Art. 85. - Ninguem poderá, sem permissão da
auctoridade competente, estreitar, fechar ou mudar a
direcção das estradas geraes ou particulares, ainda a
protesto de melhorar ou ençu tal-a. Multa de 20$000 ao infractor
que fica obrigado a repor tudo no antigo estado.
Art. 86. - Ninguem poderá mudar ou fechar qualquer
caminho de outros moradores, sem consentimento destes e licença
da camara que, para concedel a ouvirá os interessados. Multa de
20$000 ao infractor, com obrigação de repor tudo no
antigo estado.
Art. 87. - Ficam prohibidas as porteiras de varas em caminhos
do
sacramento. As porteiras serão faceis de abrir e fechar, e
deverão ter a largura sufficiente para a passagem de carros e
deverão ser collocadas distante das pontes mais de 6 metros. O
infractor será multado em 10$000 e obrigado a removel-a á
sua custa.
Art. 88. - Tod aquelle que fazendo roçado ou derrubada
junto ás estradas e caminhos, derrubar nas mesmas arvores,
troncos ou outra qualquer cousa que impossibilite ou difficulte o
transito e não os remover, será multado em 10$000 e
obrigado a desfazer o obstaculo.
CAPITULO X
Da Policia Preventiva
Art. 89. - Nenhuma casa de negocio, qualquer que seja a sua
denominação, á excepção das boticas,
poderá conservar-se aberta depois do toque de recolher, salvo
nas noites de natal e dias festivos. Multa de 4$000.
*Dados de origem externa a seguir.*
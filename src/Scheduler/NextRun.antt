-- ===== src/Scheduler/NextRun.antt =====
-- NextRun of source/internal/scheduler/scheduler.go, in a zone whose offset does not change. An instant is
-- the second that the zone's clock shows, counted from the first Monday of year 1.
use bonghos.Base.{
  ℕ, zero, suc, ◌+◌, ◌-◌, ◌*◌, ◌/◌, ◌%◌, ◌^◌, ◌&&◌, ◌||◌, not, List, [], ◌∷◌, Option, none, some,
  if◌then◌else◌, eqb, ltb, leb, ℤ, pos, negsuc, String, ◌==◌, map,
}
use bonghos.Base.Text.{Text, text_eq, codes, trim_space}
use bonghos.Base.Parse.{fields_of, atoi}
use bonghos.Scheduler.Times.{TimeOfDay, upto, parse_hms, parse_hourly, second_of_day}
use bonghos.Scheduler.Cron.{Reading, CronResult, next_cron}
use bonghos.Scheduler.Monthly.{Date, next_monthly}

abbrev pub day_seconds : ℕ
day_seconds = 86400

-- Sunday is 0; day 0 is a Monday.
abbrev pub weekday_of : ℕ → ℕ
weekday_of t = (t / day_seconds + 1) % 7

-- `for !t.After(a) { t = t.Add(step) }`; `none` is out of fuel.
unfoldable pub until_after : ℕ → ℕ → ℕ → ℕ → Option ℕ
until_after zero step a t = none
until_after (suc fuel) step a t =
    let rest = until_after fuel step a (t + step) in if ltb a t then some t else rest

-- `for t.Weekday() != wd || !t.After(a)`
unfoldable pub until_weekday : ℕ → ℕ → ℕ → ℕ → Option ℕ
until_weekday zero wd a t = none
until_weekday (suc fuel) wd a t =
    let rest = until_weekday fuel wd a (t + day_seconds) in
    if not (eqb (weekday_of t) wd) || not (ltb a t) then rest else some t

unfoldable pub next_hourly : ℕ → ℕ → ℕ → Option ℕ
next_hourly minute second a = until_after 2 3600 a (a / 3600 * 3600 + minute * 60 + second)

unfoldable pub next_daily : ℕ → ℕ → Option ℕ
next_daily sod a = until_after 2 day_seconds a (a / day_seconds * day_seconds + sod)

unfoldable pub next_weekly : ℕ → ℕ → ℕ → Option ℕ
next_weekly wd sod a = until_weekday 8 wd a (a / day_seconds * day_seconds + sod)

-- The next run: at an instant, on a date, the given nanoseconds later, or by a cron expression; none any
-- more, an error, or a loop that ran out of fuel.
pub data Next : Type 0 where
  at_instant : ℕ → Next
  on_date : Date → Next
  in_nanos : ℤ → Next
  by_cron : CronResult → Next
  no_more bad_schedule out_of_fuel : Next

abbrev pub instant : Option ℕ → Next
instant none = out_of_fuel
instant (some t) = at_instant t

abbrev pub dated : Option Date → Next
dated none = out_of_fuel
dated (some d) = on_date d

abbrev pub run_hourly : ℕ → Option (ℕ × ℕ) → Next
run_hourly a none = bad_schedule
run_hourly a (some p) = instant (next_hourly p.0 p.1 a)

abbrev pub run_daily : ℕ → Option TimeOfDay → Next
run_daily a none = bad_schedule
run_daily a (some t) = instant (next_daily (second_of_day t) a)

abbrev pub upper_rune : (ℕ → ℕ) → ℕ → ℕ
upper_rune beyond r =
    if leb b'a' r && leb r b'z' then r - 32 else if ltb r 0x80 then r else beyond r

abbrev pub one_later : Option ℕ → Option ℕ
one_later none = none
one_later (some n) = some (suc n)

-- The position of a name in a list of names.
unfoldable pub position : Text → List Text → Option ℕ
position w [] = none
position w (v ∷ vs) = let rest = position w vs in if text_eq w v then some 0 else one_later rest

abbrev pub weekday_names : List Text
weekday_names =
    codes "SUN"
    ∷ codes "MON"
    ∷ codes "TUE"
    ∷ codes "WED"
    ∷ codes "THU"
    ∷ codes "FRI"
    ∷ codes "SAT"
    ∷ []

abbrev pub run_weekly : ℕ → Option ℕ → Option TimeOfDay → Next
run_weekly a (some wd) (some t) = instant (next_weekly wd (second_of_day t) a)
run_weekly a (some wd) none = bad_schedule
run_weekly a none t = bad_schedule

abbrev pub weekly_parts : (ℕ → ℕ) → ℕ → List Text → Next
weekly_parts beyond a (d ∷ t ∷ []) =
    run_weekly a (position (map (upper_rune beyond) d) weekday_names) (parse_hms t)
weekly_parts beyond a _ = bad_schedule

abbrev pub at_least_one : Option ℕ → Option ℕ
at_least_one (some (suc n)) = some (suc n)
at_least_one _ = none

abbrev pub run_monthly : Date → Option ℕ → Option TimeOfDay → Next
run_monthly a (some dd) (some t) = dated (next_monthly dd (second_of_day t) a)
run_monthly a (some dd) none = bad_schedule
run_monthly a none t = bad_schedule

abbrev pub monthly_parts : Date → List Text → Next
monthly_parts a (d ∷ t ∷ []) = run_monthly a (at_least_one (upto 31 (atoi d))) (parse_hms t)
monthly_parts a _ = bad_schedule

-- A 64-bit value as a signed one.
abbrev pub signed64 : ℕ → ℤ
signed64 n = if ltb n (2 ^ 63) then pos n else negsuc (2 ^ 64 - 1 - n)

-- `time.Duration(sec) * time.Second`
abbrev pub interval : Option ℤ → Next
interval (some (pos n)) =
    if ltb n 60 then bad_schedule else in_nanos (signed64 ((n * 1000000000) % 2 ^ 64))
interval (some (negsuc n)) = bad_schedule
interval none = bad_schedule

abbrev pub run_once : ℕ → Option ℕ → Next
run_once a none = bad_schedule
run_once a (some t) = if ltb a t then at_instant t else no_more

abbrev pub or_else : Option ℕ → Option ℕ → Option ℕ
or_else none p = p
or_else (some t) p = some t

-- What the time package gives for the zone: a text read by a layout, the clock's date, and two years on.
pub record Zone : Type 0 where
  pub parse_layout : Text → Text → Option ℕ
  pub date_of : ℕ → Date
  pub reading : ℕ → Reading
  pub two_years_later : ℕ → ℕ

-- NextRun; `beyond` is strings.ToUpper outside ASCII.
unfoldable pub next_run : (ℕ → ℕ) → Zone → String → Text → ℕ → Next
next_run beyond zone schedule_type expression a =
    let expr = trim_space expression in
    if schedule_type == "once"
    then run_once a (
        or_else (zone.parse_layout (codes "2006-01-02 15:04:05") expr)
          (zone.parse_layout (codes "2006-01-02 15:04") expr))
    else if schedule_type == "hourly"
    then run_hourly a (parse_hourly expr)
    else if schedule_type == "daily"
    then run_daily a (parse_hms expr)
    else if schedule_type == "weekly"
    then weekly_parts beyond a (fields_of expr)
    else if schedule_type == "monthly"
    then monthly_parts (zone.date_of a) (fields_of expr)
    else if schedule_type == "fixed_interval"
    then interval (atoi expr)
    else if schedule_type == "advanced_cron"
    then by_cron (next_cron zone.reading zone.two_years_later expr a)
    else bad_schedule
Art. 90. - Todo o escravo que, depois do toque de recolher, for
encontrado nas ruas ou dentro das tabernas, sem bilhete de seu senhor
ou de quem suas vezes fizer, será prezo e entregue no outro dia,
a requerimento do seu senhor que pagará a multa de 4$000. O
toque de recolher de que trata o artigo antecedente, será dado
pelo carcereiro ou fiscal, no sino da egreja matriz do seguinte modo:
Nas noites de Janeiro a Julho, será marcado as nove horas, e de
Julho a Dezembro ás 10 horas ficando o carcereiro ou fiscal
obrigado a regular-se pelo relogio da camara, ou outro qualquer que
esteja certo, e quando não cumpram fielmente, serão
multados em 2$000 de cada infracção.
Art. 91. - Aquelles que depois do toque de recolher perturbarem
o socego publico com algazarras e vozerias, nas ruas, praças,
tabernas e casas suspeitas, serão multados em 10$000 e
recolhidos á prisão por 24 horas.
Art. 92. - Ficam prohibidas dentro desta villa as cantorias e
danças conhecidas vulgarmente por batuques, sem preceder
licença da auctoridade policial, sob multa de 10$000 ao dono da
casa, e 4$000 de cada um dos concorrentes. Na reincidencia, além
da multa, soffrerão, o dono da casa quatro dias de
prisão, e os concorrentes 24 horas de prisão.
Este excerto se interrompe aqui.